Suponemos que Edgard Allan Poe (1809-1849) en el más celebrado de sus poemas, El cuervo, eligió llamar Leonor a su fallecida e invocada protagonista femenina únicamente porque rimaba bien con nevermore. A partir de ahí el nombre quedó aureolado de un cierto patetismo y se asoció a fantasías necrófilas, amores imposibles y soledades insoportables, como en la canción de los Beatles Eleanor Rigby, que aconsejo escuchar mientras se leen estas líneas.
Pero quizás la primera Leonor mundialmente famosa y tremenda en muchos sentidos fuera la de Aquitania (1122-1204), a quien su biógrafo reciente, el medievalista Jean Flori (1936) considera una figura inversa a la de Juana de Arco, lo que no deja de ser una manera singular y muy francesa de definirla. En cualquier caso se trata de una dama extremadamente tenaz y combativa, aunque llevara armadura solo alguna que otra vez y más por galantería que por espíritu belicista.
Probablemente sin darse cuenta, ella inventara el fin amor, primera manera de la historia, digamos romántica, de amar; casta y pura en principio, pero excluyendo al marido legítimo y cargada de un sensualismo exacerbado y una extrema coquetería, que lo hacía posible solo entre un puñado de nobles que supieran leer y escribir y gozaran de mucho tiempo libre.
Señora de los pensamientos de trovadores y bardos occitanos, uno de los cuales era su propio padre, esta primera Leonor nació condesa de Poitiers y duquesa de Aquitania.

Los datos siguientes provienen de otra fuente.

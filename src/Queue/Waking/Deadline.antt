-- ===== src/Queue/Waking/Deadline.antt =====
-- nextDeadline of internal/queue/queue.go on heaps in order.
use mathlib.Core.Path.{subst}
use stitch.Prelude.{
  ℕ, suc, ◌≤◌, ◌<◌, ◌≡◌, ap, ◌∙◌, Bool, false, ◌||◌, none, some, List, [], ◌∷◌, ltb, ◌==◌, arith,
  length, get_or, List-cases, inl, inr, if◌then◌else◌,
}
use stitch.Prelude.Tally.{tally}
use stitch.Queue.Message.{Message}
use stitch.Queue.Order.{LeaseEntry, no_message, no_lease, delayed_less, lease_less, peek}
use stitch.Queue.Order.Laws.{delayed_less-StrictOrder, lease_less-StrictOrder}
use stitch.Queue.Heap.Ops.{All-of_at, root_least}
use stitch.Queue.Delivery.{tally-All}
use stitch.Queue.Live.{Queue, is_lifo}
use stitch.Queue.Ops.{next_deadline}
use stitch.Queue.Invariant.{DelayedHeap, LeaseHeap, IsOrdered}
use stitch.Queue.Waking.Heeds.{due_times, missed}

-- A timer for a deadline no later than the root's has fired by every deadline of the heap.
delayed_caught :
    (lifo : Bool) (d : ℕ) (m : Message) (ms : List Message)
    → DelayedHeap lifo (m ∷ ms)
    → 0 < d
    → d ≤ m.visible_at
    → tally (λ (x : Message). missed d x.visible_at) (m ∷ ms) ≡ 0
unfolding delayed_less
delayed_caught lifo d m ms h pos early =
    tally-All (λ (x : Message). missed d x.visible_at) (m ∷ ms)
      (All-of_at (delayed_less lifo) no_message (delayed_less-StrictOrder lifo)
        (λ (x : Message). missed d x.visible_at ≡ false) (m ∷ ms)
        (λ c lt.
          let after =
            root_least (delayed_less lifo) no_message (delayed_less-StrictOrder lifo) (suc c)
              (m ∷ ms) c (omega arith) lt h in
          ground (arith, after)))

lease_caught :
    (d : ℕ) (e : LeaseEntry) (es : List LeaseEntry)
    → LeaseHeap (e ∷ es)
    → 0 < d
    → d ≤ e.expires_at
    → tally (λ (x : LeaseEntry). missed d x.expires_at) (e ∷ es) ≡ 0
unfolding lease_less
lease_caught d e es h pos early =
    tally-All (λ (x : LeaseEntry). missed d x.expires_at) (e ∷ es)
      (All-of_at lease_less no_lease lease_less-StrictOrder
        (λ (x : LeaseEntry). missed d x.expires_at ≡ false) (e ∷ es)
        (λ c lt.
          let after =
            root_least lease_less no_lease lease_less-StrictOrder (suc c) (e ∷ es) c (omega arith)
              lt h in
          ground (arith, after)))

-- A deadline no later than both roots, where there are roots.
caught_of :
    (q : Queue) (d : ℕ)
    → (0 < length q.delayed → (0 < d) × (d ≤ (get_or q.delayed 0 no_message).visible_at))
    → (0 < length q.leases → (0 < d) × (d ≤ (get_or q.leases 0 no_lease).expires_at))
    → IsOrdered q
    → due_times (missed d) q ≡ 0
caught_of q d hd hl o =
    let no_delayed : tally (λ (x : Message). missed d x.visible_at) q.delayed ≡ 0 =
      elim (List-cases q.delayed) [
        | inl e ↦ ap (tally (λ (x : Message). missed d x.visible_at)) e
        | inr (m, ms, e) ↦
            let (pos, early) = rw e at hd (omega arith) in
            ap (tally (λ (x : Message). missed d x.visible_at)) e
            ∙ delayed_caught (is_lifo q) d m ms (subst (DelayedHeap (is_lifo q)) e o.delayed) pos
                early
      ] in
    let no_lease_missed : tally (λ (x : LeaseEntry). missed d x.expires_at) q.leases ≡ 0 =
      elim (List-cases q.leases) [
        | inl e ↦ ap (tally (λ (x : LeaseEntry). missed d x.expires_at)) e
        | inr (l, ls, e) ↦
            let (pos, early) = rw e at hl (omega arith) in
            ap (tally (λ (x : LeaseEntry). missed d x.expires_at)) e
            ∙ lease_caught d l ls (subst LeaseHeap e o.leases) pos early
      ] in
    omega (arith, no_delayed, no_lease_missed)

-- nextDeadline as a function of the two heaps.
abbrev deadline_of : List Message → List LeaseEntry → ℕ
deadline_of ds ls =
    let next : ℕ = elim (peek ds) [ none ↦ 0 | some m ↦ m.visible_at ] in
    elim (peek ls) [
      | none ↦ next
      | some e ↦ if next == 0 || ltb e.expires_at next then e.expires_at else next
    ]

-- It is no later than the roots.
abbrev IsBound : List Message → List LeaseEntry → ℕ → Type 0
IsBound ds ls d =
    (0 < length ds → (0 < d) × (d ≤ (get_or ds 0 no_message).visible_at))
    × (0 < length ls → (0 < d) × (d ≤ (get_or ls 0 no_lease).expires_at))

deadline_of-IsBound :
    (ds : List Message) (ls : List LeaseEntry)
    → tally (λ (m : Message). m.visible_at == 0) ds ≡ 0
    → tally (λ (e : LeaseEntry). e.expires_at == 0) ls ≡ 0
    → IsBound ds ls (deadline_of ds ls)
deadline_of-IsBound [] [] hd hl = (λ n. absurd (omega arith), λ n. absurd (omega arith))
deadline_of-IsBound [] (l ∷ ls) hd hl =
    (λ n. absurd (omega arith), λ n. (ground arith, omega arith))
deadline_of-IsBound (m ∷ ms) [] hd hl =
    (λ n. (ground arith, omega arith), λ n. absurd (omega arith))
deadline_of-IsBound (m ∷ ms) (l ∷ ls) hd hl =
    (λ n. (ground arith, ground arith), λ n. (ground arith, ground arith))

-- A timer set for the next deadline has fired by each of the deadlines.
pub next_deadline-caught :
    (q : Queue)
    → IsOrdered q
    → due_times (λ t. t == 0) q ≡ 0
    → due_times (missed (next_deadline q).0) q ≡ 0
unfolding next_deadline
next_deadline-caught q o z =
    let bound = deadline_of-IsBound q.delayed q.leases (omega arith) (omega arith) in
    caught_of q (next_deadline q).0 bound.0 bound.1 o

Fue hija de Guillermo X y Aenor de Châtelleraut, por eso la llamaron Alia Aenor (Otra Aenor), que en su tierra escribirían Alienor, en la Galia Elleanore, en Britania Eleanor o Ellionor y en Hispania Leonor, como una de las hijas del Cid Campeador y como nuestra pequeña princesa heredera.
Poe la denomina Lenor y para las sufragistas cultas, que surgieron justo en la época de su prematura muerte, en pleno pre-rafaelismo, la figura de la de Aquitania debió de ser representativa, pues se trató de una mujer de lo más independiente, por calificarla con un solo adjetivo.
Para entender su vida, aventurera donde las haya, antes de leer a Flori o Markale, que, entre otros varios, la retrataron en nuestros días, habría que empaparse del sentimental ambiente caballeresco de los exquisitos Lais de María de Francia, contemporánea suya, quien describe poéticamente, en breves relatos repletos de pasión, sorpresa y aventura, las delicias y tormentos del luego llamado amor cortés, un fenómeno literariamente fabuloso producido en uno de los momentos más salvajes de la Edad Media en la antigua Armorica francesa e irradiado desde allí al norte de Italia, a los reinos de Navarra y Aragón y a otros pocos lugares europeos un poco más civilizados que el resto, donde alcanzó una vida tan brillante como efímera, floreciendo en miles de relatos y dando origen al ciclo de leyendas artúricas y a todos nuestros posteriores libros de caballerías del Tirant lo Blanc al crítico a inefable Don Quijote de la Mancha de Miguel de Cervantes, ya en pleno siglo XVII.